Cresceu a cada ano, e viveu seu auge de 1808, com chegada da família real, a
1831, ano em que o comércio de escravos da África para o Brasil passou a ser
feito às escondidas. Só em 1811 o cais foi construído, para que o desembarque
fosse direto no local. "A partir de 1808 o tráfico quase dobra,
acompanhando a cidade que, com a vinda da corte, passa de 15 mil para 30 mil
habitantes. De 1811 a 1831, metade da economia do país, metade do PIB, é movida
a escravos" diz o historiador Carlos Líbano, da Universidade Federal da
Bahia (UFBA).
É
nesse período de apenas 20 anos que 500 mil africanos - dos 4 milhões que
aqui chegaram até 1850 - entram no Brasil pelo novo ancoradouro. A
distância do Centro não impediu, como gostariam as autoridades, que olhares
estrangeiros continuassem a descrever o funcionamento do mercado de escravos do
Rio. A viajante inglesa Maria Graham, por exemplo, que esteve no Brasil entre
1821 e 1823, escreveu em seu Diário de uma Viagem ao Brasil que, no Valongo, "todo o tráfico
de escravos surge com todos os seus horrores perante nossos olhos". Cada
"peça" tinha um preço. Um africano novo e saudável, em 1811, podia
chegar a algo em torno de cem mil réis, mas podia alcançar 200 mil se tivesse
alguma habilidade especial, como a carpintaria. Como comparação, uma casa
pequena no Rio de Janeiro custava cerca de um conto de réis, o que daria para
comprar dez escravos normais ou cinco habilidosos.
No
fim dos anos 20 do século 19, o tráfico de escravos para o Brasil vivia seu
apogeu, e o Valongo era a principal porta de entrada principalmente para os
negros vindos de Angola, da África Oriental e da Centro-Ocidental - nos
entrepostos do Maranhão e da Bahia, ainda chegavam navios vindos respectivamente
da Guiné e da África Ocidental. Mas a maioria tinha necessariamente que ao
menos passar pelo Valongo, para que os traficantes pagassem seus impostos.

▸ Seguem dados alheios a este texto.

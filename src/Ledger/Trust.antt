-- ===== src/Ledger/Trust.antt =====
-- What `verify_ledger` establishes, and that `append` keeps it.
use inbar.Prelude.{
  ◌+◌, ◌<◌, String, some, List, [], ◌∷◌, ◌++◌, ◌≡◌, refl, arith, true, ok, bind-eq-ok, then-eq-ok,
  raise_if, not, length, false, ◌⊎◌,
}
use inbar.Ledger.{
  LedgerEvent, LedgerFiles, LedgerHead, LedgerVerification, LedgerError, Primitives, genesis_hash,
  naive_timestamp, malformed_event, write_failed,
}
use inbar.Ledger.Verify.{verify_events, check_head, verify_ledger}
use inbar.Ledger.Spec.{IsLedger, last_hash, signer_of}
use inbar.Ledger.Refinement.{verify_events_lem}
use inbar.Ledger.Append.{
  utc_body, Writes, all_written, line_lost, line_torn, line_unsynced, head_failed, head_unsynced,
  Request, append, prepare, existing, new_head, check_signer, signed_event, new_body, well_formed,
}

abbrev pub stored :
    {Payload : Type 0} → List (LedgerEvent Payload) → LedgerHead → LedgerFiles Payload
stored events head = record { ledger = some events; head = some head; torn = false }

module _ {Payload SigningKey : Type 0} (prims : Primitives Payload SigningKey) where
  -- The head counts the events, names the last hash, and the one signer of both is `key`.
  pub record IsTrusted (key : String) (events : List (LedgerEvent Payload)) (head : LedgerHead)
      : Type 0 where
    pub is_ledger : IsLedger prims events
    pub nonempty : 0 < length events
    pub counted : head.event_count ≡ length events
    pub last : head.head_hash ≡ last_hash genesis_hash events
    pub events_signer : signer_of events ≡ key
    pub head_signer : head.signer_public_key ≡ key
    pub signed : prims.verify key (prims.head_bytes head.head_body) head.signature ≡ true

  abbrev pub verdict : String → List (LedgerEvent Payload) → LedgerVerification
  verdict key events = record {
    event_count = length events;
    head_hash = last_hash genesis_hash events;
    signer_public_key = key;
  }

  verify_ledger-IsTrusted :
      (events : List (LedgerEvent Payload)) (head : LedgerHead) (key : String)
      (v : LedgerVerification)
      → verify_ledger prims (stored events head) key ≡ ok v
      → IsTrusted key events head × (v ≡ verdict key events)
  unfolding verify_ledger check_head
  verify_ledger-IsTrusted [] head key v h = cc
  verify_ledger-IsTrusted (e ∷ es) head key v h =
      let (r, verified, checked) = bind-eq-ok (verify_events prims (e ∷ es)) _ h in
      let (is_ledger, same) = (verify_events_lem prims (e ∷ es)).0 r verified in
      (
        record {
          is_ledger = is_ledger;
          nonempty = omega arith;
          counted = ground arith;
          last = ground arith;
          events_signer = ground arith;
          head_signer = ground arith;
          signed = ground arith;
        },
        ground arith,
      )

module _ {Payload SigningKey : Type 0} (prims : Primitives Payload SigningKey)
    (key : SigningKey) where
  -- What `prepare` found before it let an event through.
  pub record IsPrepared (request : Request Payload) (events : List (LedgerEvent Payload))
      (event : LedgerEvent Payload) : Type 0 where
    pub before : IsLedger prims events
    pub grown : IsLedger prims (events ++ event ∷ [])
    pub keyed : check_signer prims key events (signer_of events) ≡ ok tt
    pub signed : event.signer_public_key ≡ prims.public_key key
    pub hash : event.event_hash ≡ prims.body_digest (utc_body prims key event.event_body)
    pub time : event.timestamp ≡ request.timestamp

  pub prepare-IsPrepared :
      (request : Request Payload) (events : List (LedgerEvent Payload))
      (event : LedgerEvent Payload)
      → prepare prims key request events ≡ ok event
      → IsPrepared request events event
  unfolding prepare
  prepare-IsPrepared request events event h =
      let (last, verified, checked) = bind-eq-ok (verify_events prims events) _ h in
      let (keyed, timed) = then-eq-ok (check_signer prims key events last.1) checked in
      let (_, shaped) = then-eq-ok (raise_if (not request.timestamp.aware) naive_timestamp) timed in
      let made = signed_event prims key (new_body prims key request (length events) last.0) in
      let (_, appended) = then-eq-ok (raise_if (not (well_formed made)) malformed_event) shaped in
      let (r, again, done) = bind-eq-ok (verify_events prims (events ++ made ∷ [])) _ appended in
      let (before, same) = (verify_events_lem prims events).0 last verified in
      let one : made ≡ event = ground arith in
      record {
        before = before;
        grown = rw (← one) ((verify_events_lem prims (events ++ made ∷ [])).0 r again).0;
        keyed = rw same at keyed;
        signed = rw (← one);
        hash = rw (← one) refl;
        time = rw (← one) refl;
      }

  pub append-eq-ok :
      (writes : Writes) (request : Request Payload) (files files' : LedgerFiles Payload)
      (event : LedgerEvent Payload)
      → append prims key writes request files ≡ (ok event, files')
      → (prepare prims key request (existing files) ≡ ok event)
        × (files'
            ≡ stored
                (existing files ++ event ∷ [])
                (new_head prims key (length (existing files) + 1) event.event_hash))
  unfolding append
  append-eq-ok all_written request files files' event h = ground arith
  append-eq-ok line_lost request files files' event h = absurd (ground arith)
  append-eq-ok line_torn request files files' event h = absurd (ground arith)
  append-eq-ok line_unsynced request files files' event h = absurd (ground arith)
  append-eq-ok head_failed request files files' event h = absurd (ground arith)
  append-eq-ok head_unsynced request files files' event h = absurd (ground arith)

  -- The files behind an append that raised
  abbrev pub KeepsEvents : LedgerFiles Payload → LedgerFiles Payload → LedgerError → Type 0
  KeepsEvents files files' e =
      ((existing files' ≡ existing files) × (files'.head ≡ files.head))
      ⊎ ((event : LedgerEvent Payload) × (existing files' ≡ existing files ++ event ∷ [])
          × IsLedger prims (existing files')
          × (files'.torn ≡ false)
          × (e ≡ write_failed))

"A renda da tributação do mercado negreiro era alta. Mas o Rio era um
polo distribuidor de escravos, não concentrador", explica Carlos Líbano.
Esses
escravos saíam da capital para as plantações de café, fumo e açúcar do interior
e de outras regiões do país, especialmente no Vale do Paraíba e em São Paulo.
"O escravo é o insumo básico dessa economia, o motor, o petróleo
dela", diz Líbano. Os que ficavam geralmente eram os escravos domésticos,
além dos usados como força de trabalho nas obras públicas. Muitos eram
especialistas, como sapateiros, quitandeiras, cabeleireiros ou ourives, que
gahavam do seu senhor o direito de exercer suas profissões na rua, tornando-se
escravos de ganho. Parte do dinheiro ficava para o próprio escravo, que tinha
sua vida, independente da do patrão: pagava aluguel e andava
pelas ruas. Quem conseguia juntar dinheiro comprava a alforria.
Em
1831 o Valongo foi fechado, quando o tráfico transatlântico foi proibido por
pressão da Inglaterra. A norma foi solenemente ignorada e recebeu a alcunha
irônica de "lei para inglês ver. Os traficantes usavam portos
clandestinos para trazer sua mercadoria. Em 1850, com a assinatura da Lei
Eusébio de Queirós, pôs-se fim verdadeiramente ao tráfico para o Brasil, embora
a escravidão persistisse até a Abolição, em 1888. "A última remessa de que
se tem informação é de 1872" conta Líbano. A área do Valongo, entre 1850 e
1920, se transformou no que ficou conhecido como Pequena África: um espaço
ocupado por negros libertos de diversas nações”.